“Indians!” she shouted again. “God have mercy.
We’ll be scalped. Every one of us.”
“Apaches,” the man with the whiskey said as he finished off the bottle. “Must’ve got the driver, too. We’re on a runaway.” So saying, he drew his gun, made his way to the opposite window and began firing methodically.
Dazed, Sarah continued to stare out the window. She could hear screams and whoops and the thunder of horses’ hooves. Like devils, she thought dully. They sounded like devils. That was impossible. Ridiculous.
The United States was nearly a century old. Ulysses
S. Grant was president. Steamships crossed the Atlantic in less than two weeks. Devils simply didn’t exist in this day and age.
Then she saw one, bare chested, hair flying, on a tough paint pony. Sarah looked straight into his eyes. She could see the fever in them, just as she could see the bright streaks of paint on his face and the layer of dust that covered his gleaming skin. He raised his bow. She could have counted the feathers in the arrow.
Then, suddenly, he flew off the back of his horse. It was like a play, she thought, and she had to pinch herself viciously to keep from swooning.

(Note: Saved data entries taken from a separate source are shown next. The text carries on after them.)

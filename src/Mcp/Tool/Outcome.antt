-- ===== src/Mcp/Tool/Outcome.antt =====
-- mcp_tool_executor.py: what the status of an execution says of the call.
use responsibility_pathway_r.Prelude.{
  inl, inr, String, true, false, not, ◌≡◌, refl, sym, ap, ◌∙◌, Option, none, some, ◌==◌, arith,
  Bool-cases,
}
use responsibility_pathway_r.Errors.{Error, Result, ok, err}
use responsibility_pathway_r.Exec.{Exec, outcome, pure}
use responsibility_pathway_r.Exec.Returns.{same-returned}
use responsibility_pathway_r.Value.{Value, Fields, str, dict, end, entry}
use responsibility_pathway_r.Execution.{
  ExecutionRequest, ExecutionResult, ReadbackEvidence, succeeded,
}
use responsibility_pathway_r.Env.{Env}
use responsibility_pathway_r.Mcp.Tool.{
  validated_dispatch_parameters, is_tool_error, Classes, Observer, observed_result, readback_failed,
  read_back, answered, not_answered, validated, execute,
}

-- The parameters of the request `tools/call`.
abbrev pub call_params : String → Fields → Fields
call_params tool_name arguments =
    entry "name" (str tool_name) (entry "arguments" (dict arguments) end)

module _ (env : Env) (classes : Classes) {T : Type 0} (call : String → Fields → Exec T Value) where
  -- An execution whose effect an observer has seen.
  pub record Verified (observer : Option (Observer T)) (q : ExecutionRequest) (s : T)
      (r : ExecutionResult) (t : T) : Type 0 where
    pub tool_name : String
    pub arguments : Fields
    pub is_valid : validated_dispatch_parameters env q ≡ ok (tool_name, arguments)
    pub tool_result : Fields
    pub between : T
    pub call_answered :
        call "tools/call" (call_params tool_name arguments) s ≡ (ok (dict tool_result), between)
    pub no_tool_error : is_tool_error tool_result ≡ false
    pub observe : Observer T
    pub observer_given : observer ≡ some observe
    pub readback : ReadbackEvidence
    pub observed : observe q tool_result between ≡ (ok (some readback), t)
    pub readback_verified : readback.verified ≡ true
    pub shown : r.readback ≡ some readback

  module _ (observer : Option (Observer T)) where
    -- The same for the part after the answer of the transport.
    record Seen (q : ExecutionRequest) (tool_result : Fields) (s : T) (r : ExecutionResult) (t : T)
        : Type 0 where
      observe : Observer T
      given : observer ≡ some observe
      readback : ReadbackEvidence
      observed : observe q tool_result s ≡ (ok (some readback), t)
      is_verified : readback.verified ≡ true
      shown : r.readback ≡ some readback

    observed-Seen :
        (q : ExecutionRequest) (tool_result : Fields) (observe : Observer T)
        (given : observer ≡ some observe) (s t : T) (r : ExecutionResult)
        (p : Result (Option ReadbackEvidence) × T)
        → observe q tool_result s ≡ p
        → outcome p
            (λ a. pure (observed_result tool_result a))
            (readback_failed env classes call observer true tool_result)
          ≡ (ok r, t)
        → r.status ≡ succeeded
        → Seen q tool_result s r t
    unfolding observed_result readback_failed
    observed-Seen q tr observe given s t r (ok none, u) e h done = absurd (ground arith)
    observed-Seen q tr observe given s t r (ok (some rb), u) e h done =
        elim (Bool-cases rb.verified) [
          | inl good ↦
              let (same, after) = same-returned (observed_result tr (some rb)) r u t h in
              record {
                observe = observe;
                given = given;
                readback = rb;
                observed = e ∙ ap (λ v. (ok (some rb), v)) after;
                is_verified = good;
                shown = ap (λ (x : ExecutionResult). x.readback) (sym same);
              }
          | inr bad ↦ absurd (ground arith)
        ]
    observed-Seen q tr observe given s t r (err x, u) e h done =
        elim (Bool-cases (classes.is_readback_failure x)) [
          | inl failure ↦ absurd (ground arith)
          | inr other ↦ absurd (ground arith)
        ]

    read_back-Seen :
        (o : Option (Observer T)) (q : ExecutionRequest) (tr : Fields) (s t : T)
        (r : ExecutionResult)
        → observer ≡ o
        → read_back env classes call observer true o q tr s ≡ (ok r, t)
        → r.status ≡ succeeded
        → Seen q tr s r t
    unfolding read_back
    read_back-Seen none q tr s t r given h done = absurd (ground arith)
    read_back-Seen (some observe) q tr s t r given h done =
        observed-Seen q tr observe given s t r (observe q tr s) refl h done

    answered-Seen :
        (q : ExecutionRequest) (v : Value) (s t : T) (r : ExecutionResult)
        → answered env classes call observer true q v s ≡ (ok r, t)
        → r.status ≡ succeeded
        → (tr : Fields) × (v ≡ dict tr) × (is_tool_error tr ≡ false) × Seen q tr s r t
    unfolding answered
    answered-Seen q (dict tr) s t r h done = elim (Bool-cases (is_tool_error tr)) [
      | inl error ↦ absurd (ground arith)
      | inr fine ↦ (tr, refl, fine, read_back-Seen observer q tr s t r refl (rw fine at h) done)
    ]
    answered-Seen q v s t r h done = absurd (ground arith)

    not_answered-fails :
        (e : Error) (s t : T) (r : ExecutionResult)
        → not_answered env classes call observer true e s ≡ (ok r, t)
        → ¬ (r.status ≡ succeeded)
    unfolding not_answered
    not_answered-fails e s t r h done = ground arith

    called-Verified :
        (q : ExecutionRequest) (tool_name : String) (arguments : Fields) (s t : T)
        (r : ExecutionResult) (p : Result Value × T)
        → validated_dispatch_parameters env q ≡ ok (tool_name, arguments)
        → call "tools/call" (call_params tool_name arguments) s ≡ p
        → outcome p
            (answered env classes call observer true q)
            (not_answered env classes call observer true)
          ≡ (ok r, t)
        → r.status ≡ succeeded
        → Verified observer q s r t
    called-Verified q tool_name arguments s t r (err x, u) valid e h done =
        absurd (not_answered-fails x u t r h done)
    called-Verified q tool_name arguments s t r (ok v, u) valid e h done =
        let (tr, object, fine, seen) = answered-Seen q v u t r h done in
        record {
          tool_name = tool_name;
          arguments = arguments;
          is_valid = valid;
          tool_result = tr;
          between = u;
          call_answered = e ∙ ap (λ w. (ok w, u)) object;
          no_tool_error = fine;
          observe = seen.observe;
          observer_given = seen.given;
          readback = seen.readback;
          observed = seen.observed;
          readback_verified = seen.is_verified;
          shown = seen.shown;
        }

    validated-Verified :
        (q : ExecutionRequest) (s t : T) (r : ExecutionResult) (v : Result (String × Fields))
        → validated_dispatch_parameters env q ≡ v
        → validated env classes call observer true q v s ≡ (ok r, t)
        → r.status ≡ succeeded
        → Verified observer q s r t
    unfolding validated
    validated-Verified q s t r (err e) valid h done = absurd (ground arith)
    validated-Verified q s t r (ok (tool_name, arguments)) valid h done =
        called-Verified q tool_name arguments s t r
          (call "tools/call" (call_params tool_name arguments) s) valid refl h done

    -- Where readback is required, an execution that succeeds has passed all of this: the parameters of
    -- the request are valid, the transport answered the call with an object that is no tool error,
    -- there is an observer, and after the call it gave the verified readback that the result shows.
    pub succeeded-Verified :
        (q : ExecutionRequest) (s t : T) (r : ExecutionResult)
        → execute env classes call observer true q s ≡ (ok r, t)
        → r.status ≡ succeeded
        → Verified observer q s r t
    unfolding execute
    succeeded-Verified q s t r h done = elim (Bool-cases (not (q.action == "mcp_tool_call"))) [
      | inl other ↦ absurd (ground arith)
      | inr tool_call ↦
          validated-Verified q s t r (validated_dispatch_parameters env q) refl (rw tool_call at h)
            done
    ]
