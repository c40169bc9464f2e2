-- ===== src/Mcp/Tool/Failure.antt =====
-- mcp_tool_executor.py: a failure is reported only of a call whose effect is known.
use responsibility_pathway_r.Prelude.{
  inl, inr, String, Bool, true, false, not, ◌≡◌, refl, sym, ap, ap₂, ◌∙◌, Option, none, some, ◌==◌,
  arith, Bool-cases, if◌then◌else◌,
}
use responsibility_pathway_r.Errors.{Error, Result, ok, err}
use responsibility_pathway_r.Exec.{Exec, outcome, pure}
use responsibility_pathway_r.Exec.Returns.{same-returned}
use responsibility_pathway_r.Value.{Value, Fields, dict}
use responsibility_pathway_r.Execution.{
  ExecutionRequest, ExecutionResult, ReadbackEvidence, succeeded, failed,
}
use responsibility_pathway_r.Env.{Env}
use responsibility_pathway_r.Mcp.Tool.{
  validated_dispatch_parameters, is_tool_error, Classes, Observer, observed_result, readback_failed,
  read_back, answered, not_answered, validated, execute, sent_evidence,
}
use responsibility_pathway_r.Mcp.Tool.Outcome.{call_params}

module _ (env : Env) (classes : Classes) {T : Type 0} (call : String → Fields → Exec T Value)
    (observer : Option (Observer T)) (require_readback : Bool) where
  -- Why the effect of a failed execution is known.
  pub data Known (q : ExecutionRequest) (s t : T) : Type 0 where
    unsent : t ≡ s → Known q s t
    not_sent :
        (tool_name : String) (arguments : Fields) (e : Error)
        → call "tools/call" (call_params tool_name arguments) s ≡ (err e, t)
        → classes.is_not_sent e ≡ true
        → Known q s t
    tool_error :
        (tool_name : String) (arguments tool_result : Fields)
        → call "tools/call" (call_params tool_name arguments) s ≡ (ok (dict tool_result), t)
        → is_tool_error tool_result ≡ true
        → Known q s t

  observed-open :
      (tr : Fields) (t : T) (r : ExecutionResult) (p : Result (Option ReadbackEvidence) × T)
      → outcome p
          (λ a. pure (observed_result tr a))
          (readback_failed env classes call observer require_readback tr)
        ≡ (ok r, t)
      → ¬ (r.status ≡ failed)
  unfolding observed_result readback_failed
  observed-open tr t r (ok none, u) h bad = ground arith
  observed-open tr t r (ok (some rb), u) h bad = ground arith
  observed-open tr t r (err x, u) h bad = ground arith

  read_back-open :
      (o : Option (Observer T)) (q : ExecutionRequest) (tr : Fields) (s t : T) (r : ExecutionResult)
      → read_back env classes call observer require_readback o q tr s ≡ (ok r, t)
      → ¬ (r.status ≡ failed)
  unfolding read_back
  read_back-open none q tr s t r h bad = ground arith
  read_back-open (some observe) q tr s t r h bad = observed-open tr t r (observe q tr s) h bad

  answered-Known :
      (q : ExecutionRequest) (v : Value) (s t : T) (r : ExecutionResult)
      → answered env classes call observer require_readback q v s ≡ (ok r, t)
      → r.status ≡ failed
      → (tr : Fields) × (v ≡ dict tr) × (is_tool_error tr ≡ true) × (s ≡ t)
  unfolding answered
  answered-Known q (dict tr) s t r h bad = elim (Bool-cases (is_tool_error tr)) [
    | inl error ↦ (tr, refl, error, (same-returned _ r s t (rw error at h)).1)
    | inr fine ↦ absurd (fine-open q tr s t r require_readback (rw fine at h) bad)
  ]
    where
      fine-open :
          (q : ExecutionRequest) (tr : Fields) (s t : T) (r : ExecutionResult) (b : Bool)
          → (if b
                then read_back env classes call observer require_readback observer q tr
                else pure (record {
                  status = succeeded;
                  evidence = sent_evidence tr;
                  readback = none;
                  reason = none;
                }))
              s
            ≡ (ok r, t)
          → ¬ (r.status ≡ failed)
      fine-open q tr s t r true h bad = read_back-open observer q tr s t r h bad
      fine-open q tr s t r false h bad = ground arith
  answered-Known q v s t r h bad = absurd (ground arith)

  not_answered-Known :
      (e : Error) (s t : T) (r : ExecutionResult)
      → not_answered env classes call observer require_readback e s ≡ (ok r, t)
      → r.status ≡ failed
      → (classes.is_not_sent e ≡ true) × (s ≡ t)
  unfolding not_answered
  not_answered-Known e s t r h bad = elim (Bool-cases (classes.is_not_sent e)) [
    | inl never ↦ (never, (same-returned _ r s t (rw never at h)).1)
    | inr other ↦ absurd (ground arith)
  ]

  called-Known :
      (q : ExecutionRequest) (tool_name : String) (arguments : Fields) (s t : T)
      (r : ExecutionResult) (p : Result Value × T)
      → call "tools/call" (call_params tool_name arguments) s ≡ p
      → outcome p
          (answered env classes call observer require_readback q)
          (not_answered env classes call observer require_readback)
        ≡ (ok r, t)
      → r.status ≡ failed
      → Known q s t
  called-Known q tool_name arguments s t r (err x, u) e h bad =
      let (unsent_error, after) = not_answered-Known x u t r h bad in
      not_sent tool_name arguments x (e ∙ ap (λ w. (err x, w)) after) unsent_error
  called-Known q tool_name arguments s t r (ok v, u) e h bad =
      let (tr, object, error, after) = answered-Known q v u t r h bad in
      tool_error tool_name arguments tr (e ∙ ap₂ (λ w u'. (ok w, u')) object after) error

  validated-Known :
      (q : ExecutionRequest) (s t : T) (r : ExecutionResult) (v : Result (String × Fields))
      → validated env classes call observer require_readback q v s ≡ (ok r, t)
      → r.status ≡ failed
      → Known q s t
  unfolding validated
  validated-Known q s t r (err e) h bad = unsent (sym (same-returned _ r s t h).1)
  validated-Known q s t r (ok (tool_name, arguments)) h bad =
      called-Known q tool_name arguments s t r
        (call "tools/call" (call_params tool_name arguments) s) refl h bad

  -- A failure is never reported of a call that may have had an effect unseen: the transport was not
  -- asked, or it raised an error which says that nothing was sent, or the answer is a tool error.
  pub failed-Known :
      (q : ExecutionRequest) (s t : T) (r : ExecutionResult)
      → execute env classes call observer require_readback q s ≡ (ok r, t)
      → r.status ≡ failed
      → Known q s t
  unfolding execute
  failed-Known q s t r h bad = elim (Bool-cases (not (q.action == "mcp_tool_call"))) [
    | inl other ↦ unsent (sym (same-returned _ r s t (rw other at h)).1)
    | inr tool_call ↦
        validated-Known q s t r (validated_dispatch_parameters env q) (rw tool_call at h) bad
  ]
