-- ===== src/Mcp/Prepare.antt =====
-- mcp_stable_transport.py: McpStableOrchestrator, which prepares a call without dispatching it.
pub mod Phases
pub mod Dispatch
use responsibility_pathway_r.Prelude.{
  String, Bool, true, false, not, ◌&&◌, ◌||◌, ◌==◌, is_blank, if◌then◌else◌,
}
use responsibility_pathway_r.Errors.{
  Error, Result, ok, err, value_error, other_error, pre_dispatch_error, ◌>>=◌ as bind_result,
}
use responsibility_pathway_r.Exec.{Exec, lift, pure, raise, try, ◌>>=◌, ◌>>◌}
use responsibility_pathway_r.Value.{Value, Fields, str, dict, end, entry}
use responsibility_pathway_r.Execution.{ExecutionRequest}
use responsibility_pathway_r.Env.{Env}
use responsibility_pathway_r.Mcp.Admission.{admit}
use responsibility_pathway_r.Mcp.Snapshot.{
  ServerSnapshot, stable_protocol_version, validate_initialize, validate_tools_list,
}

-- McpStableOrchestrator: the contract and the flag are those of its admission adapter.
pub record Orchestrator : Type 0 where
  pub env : Env
  pub contract : Fields
  pub experimental : Bool
  pub client_name : String
  pub client_version : String
  -- `isinstance(exc, (McpTransportError, TimeoutError, ConnectionError, OSError))`
  pub is_transport_failure : Error → Bool

-- `__init__`
unfoldable pub check_orchestrator : Orchestrator → Result Orchestrator
check_orchestrator o =
    if is_blank o.client_name || is_blank o.client_version then err value_error else ok o

-- McpPreparedCall
pub record PreparedCall : Type 0 where
  pub request : ExecutionRequest
  pub server_identity : String
  pub protocol_version : String
  pub tool_name : String

abbrev pub prepared_call : ServerSnapshot → String → ExecutionRequest → PreparedCall
prepared_call server tool_name q = record {
  request = q;
  server_identity = server.server_identity;
  protocol_version = server.protocol_version;
  tool_name = tool_name;
}

-- `isinstance(exc, McpAdmissionError)`
is_admission_error : Error → Bool
is_admission_error (other_error n) = n == "McpAdmissionError"
is_admission_error _ = false

-- `except McpAdmissionError: raise McpPreDispatchError(phase, …)`
unfoldable pub in_phase : {A : Type 0} → String → Result A → Result A
unfolding is_admission_error
in_phase phase (ok a) = ok a
in_phase phase (err e) = err (if is_admission_error e then pre_dispatch_error phase else e)

unfoldable pub initialize_params : Orchestrator → Fields
initialize_params o = entry "protocolVersion" (str stable_protocol_version) (
    entry "capabilities" (dict end) (
      entry "clientInfo"
        (dict (entry "name" (str o.client_name) (entry "version" (str o.client_version) end))) end))

module _ (o : Orchestrator) {T : Type 0} (request : String → Fields → Exec T Value)
    (notify : String → Fields → Exec T (Unit {0})) where
  -- A failure of the transport in a phase.
  transport_failed : {A : Type 0} → String → Error → Exec T A
  transport_failed phase e =
      if o.is_transport_failure e then raise (pre_dispatch_error phase) else raise e

  object_in : String → Value → Exec T Value
  object_in phase (dict fs) = pure (dict fs)
  object_in phase _ = raise (pre_dispatch_error phase)

  -- `_request`
  unfoldable pub request_in : String → Fields → String → Exec T Value
  unfolding transport_failed object_in
  request_in method params phase =
      try (request method params) (object_in phase) (transport_failed phase)

  -- `_notify`
  unfoldable pub notify_in : String → Fields → String → Exec T (Unit {0})
  unfolding transport_failed
  notify_in method params phase = try (notify method params) pure (transport_failed phase)

  -- The request that is admitted for the tool of the list.
  unfoldable pub admitted :
      ServerSnapshot → Value → String → String → String → String → Value → Result ExecutionRequest
  unfolding validate_tools_list admit
  admitted server tools_result tool_name operation_id attempt_id idempotency_key arguments =
      bind_result (validate_tools_list o.env tools_result server tool_name) (λ snapshot.
        admit o.env o.contract o.experimental snapshot operation_id attempt_id idempotency_key
          arguments)

  -- `prepare`
  unfoldable pub prepare : String → Value → String → String → String → Exec T PreparedCall
  unfolding request_in notify_in admitted in_phase initialize_params validate_initialize
  prepare tool_name arguments operation_id attempt_id idempotency_key = do
    initialize_result ← request_in "initialize" (initialize_params o) "initialize"
    server ← lift (in_phase "initialize_validation" (validate_initialize o.env initialize_result))
    notify_in "notifications/initialized" end "initialized_notification"
    tools_result ← request_in "tools/list" end "tools_list"
    q ← lift (
        in_phase "admission" (
          admitted server tools_result tool_name operation_id attempt_id idempotency_key arguments))
    pure (prepared_call server tool_name q)
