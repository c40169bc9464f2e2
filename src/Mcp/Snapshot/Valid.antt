-- ===== src/Mcp/Snapshot/Valid.antt =====
-- mcp_stable_snapshot.py: what a validated server and a validated list of tools give.
use responsibility_pathway_r.Prelude.{
  String, false, ◌≡◌, sym, ap, ◌∙◌, subst, Option, none, some, [], ◌==◌, eq_iff, arith, concat,
  is_some, is_blank, strip, Bool-cases, inl, inr,
}
use responsibility_pathway_r.Errors.{ok, ensure, bind-ok, ensure-ok, ok-injective}
use responsibility_pathway_r.Value.{Value, str, dict, get}
use responsibility_pathway_r.Env.{Env}
use responsibility_pathway_r.Mcp.Json.{mcp_admission_error, strict_snapshot}
use responsibility_pathway_r.Mcp.Admission.{ToolSnapshot, tool_snapshot, mapping_of, mapping_at}
use responsibility_pathway_r.Mcp.Snapshot.{
  ServerSnapshot, stable_protocol_version, required_text, server_snapshot, validate_initialize,
  tools_of, found_tool, select_tool, validate_tools_list,
}

-- A text that was required is what `strip` leaves of a text that is not blank.
pub record Stripped (t : String) : Type 0 where
  pub whole : String
  pub given : is_blank whole ≡ false
  pub is_rest : t ≡ strip whole

required_text-Stripped : (o : Option Value) (t : String) → required_text o ≡ ok t → Stripped t
unfolding required_text
required_text-Stripped none t h = absurd (ground arith)
required_text-Stripped (some (str s)) t h = elim (Bool-cases (is_blank s)) [
  | inl blank ↦ absurd (ground arith)
  | inr given ↦ record {
    whole = s;
    given = given;
    is_rest = sym (ok-injective (strip s) t (rw given at h));
  }
]
required_text-Stripped (some _) t h = absurd (ground arith)

required_text-str :
    (s t : String) → required_text (some (str s)) ≡ ok t → (is_blank s ≡ false) × (t ≡ strip s)
unfolding required_text
required_text-str s t h = elim (Bool-cases (is_blank s)) [
  | inl blank ↦ absurd (ground arith)
  | inr given ↦ (given, sym (ok-injective (strip s) t (rw given at h)))
]

-- The server of a validated answer to `initialize`.
pub record IsServer (s : ServerSnapshot) : Type 0 where
  pub stable : s.protocol_version ≡ stable_protocol_version
  pub name : String
  pub version : String
  pub name_given : Stripped name
  pub version_given : Stripped version
  pub identity : s.server_identity ≡ concat name (concat "@" version)

server_snapshot-fields :
    (env : Env) (pv si : String) (caps : Value) (s : ServerSnapshot)
    → server_snapshot env pv si caps ≡ ok s
    → (s.protocol_version ≡ pv) × (s.server_identity ≡ si)
unfolding server_snapshot
server_snapshot-fields env pv si caps s h =
    let ((frozen, hash), _, h1) = bind-ok (strict_snapshot env caps) _ h in
    let (fs, _, h2) = bind-ok (mapping_of frozen) _ h1 in
    let same = ok-injective _ s h2 in
    (
      sym (ap (λ (t : ServerSnapshot). t.protocol_version) same),
      sym (ap (λ (t : ServerSnapshot). t.server_identity) same),
    )

pub validate_initialize-IsServer :
    (env : Env) (v : Value) (s : ServerSnapshot) → validate_initialize env v ≡ ok s → IsServer s
unfolding validate_initialize
validate_initialize-IsServer env v s h =
    let (fs, _, h1) = bind-ok (mapping_of v) _ h in
    let (pv, _, h2) = bind-ok (required_text (get "protocolVersion" fs)) _ h1 in
    let (_, stable, h3) =
      bind-ok (ensure (pv == stable_protocol_version) mcp_admission_error) _ h2 in
    let (info, _, h4) = bind-ok (mapping_at (get "serverInfo" fs)) _ h3 in
    let (name, has_name, h5) = bind-ok (required_text (get "name" info)) _ h4 in
    let (version, has_version, h6) = bind-ok (required_text (get "version" info)) _ h5 in
    let (caps, _, h7) = bind-ok (mapping_at (get "capabilities" fs)) _ h6 in
    let (_, _, h8) = bind-ok (ensure (is_some (get "tools" caps)) mcp_admission_error) _ h7 in
    let (_, _, h9) = bind-ok (mapping_at (get "tools" caps)) _ h8 in
    let (same_version, same_identity) = server_snapshot-fields env pv _ (dict caps) s h9 in
    record {
      stable =
          same_version
          ∙ (eq_iff pv stable_protocol_version).0 (ensure-ok _ mcp_admission_error stable);
      name = name;
      version = version;
      name_given = required_text-Stripped _ name has_name;
      version_given = required_text-Stripped _ version has_version;
      identity = same_identity;
    }

-- The snapshot of a tool is built from the server and the name that was asked for.
pub validate_tools_list-snapshot :
    (env : Env) (v : Value) (server : ServerSnapshot) (tool_name : String) (s : ToolSnapshot)
    → validate_tools_list env v server tool_name ≡ ok s
    → (is_blank tool_name ≡ false)
      × (schema : Value) × (tool_snapshot env server.protocol_version server.server_identity
            server.server_capabilities
            (strip tool_name)
            schema
          ≡ ok s)
unfolding validate_tools_list
validate_tools_list-snapshot env v server tool_name s h =
    let (fs, _, h1) = bind-ok (mapping_of v) _ h in
    let (requested, asked, h2) = bind-ok (required_text (some (str tool_name))) _ h1 in
    let (tools, _, h3) = bind-ok (tools_of (get "tools" fs)) _ h2 in
    let (selected, _, h4) = bind-ok (select_tool requested [] none tools) _ h3 in
    let (tool, _, h5) = bind-ok (found_tool selected) _ h4 in
    let (schema, _, h6) = bind-ok (mapping_at (get "inputSchema" tool)) _ h5 in
    let (given, stripped) = required_text-str tool_name requested asked in
    (
      given,
      dict schema,
      subst
          (λ n.
            tool_snapshot env server.protocol_version server.server_identity
              server.server_capabilities n (dict schema)
            ≡ ok s)
          stripped h6,
    )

Another horseman came into view, riding low, with pistols in both hands. He wasn’t an Indian, though in Sarah’s confusion he seemed just as wild. He wore a gray hat over dark hair, and his skin was nearly as dark as that of the Apache she’d seen. In his eyes, as they met hers, she saw not fever, but ice.
He didn’t shoot her, as she’d been almost certain he would, but fired over his shoulder, using his right hand, then his left, even as an arrow whizzed by his head.
Amazing, she thought as a thudding excitement began to race with her terror. He was magnificent- sweat and grime on his face, ice in his eyes, his lean, tense body glued to the racing horse. Then the fat lady grabbed her again and began to wail.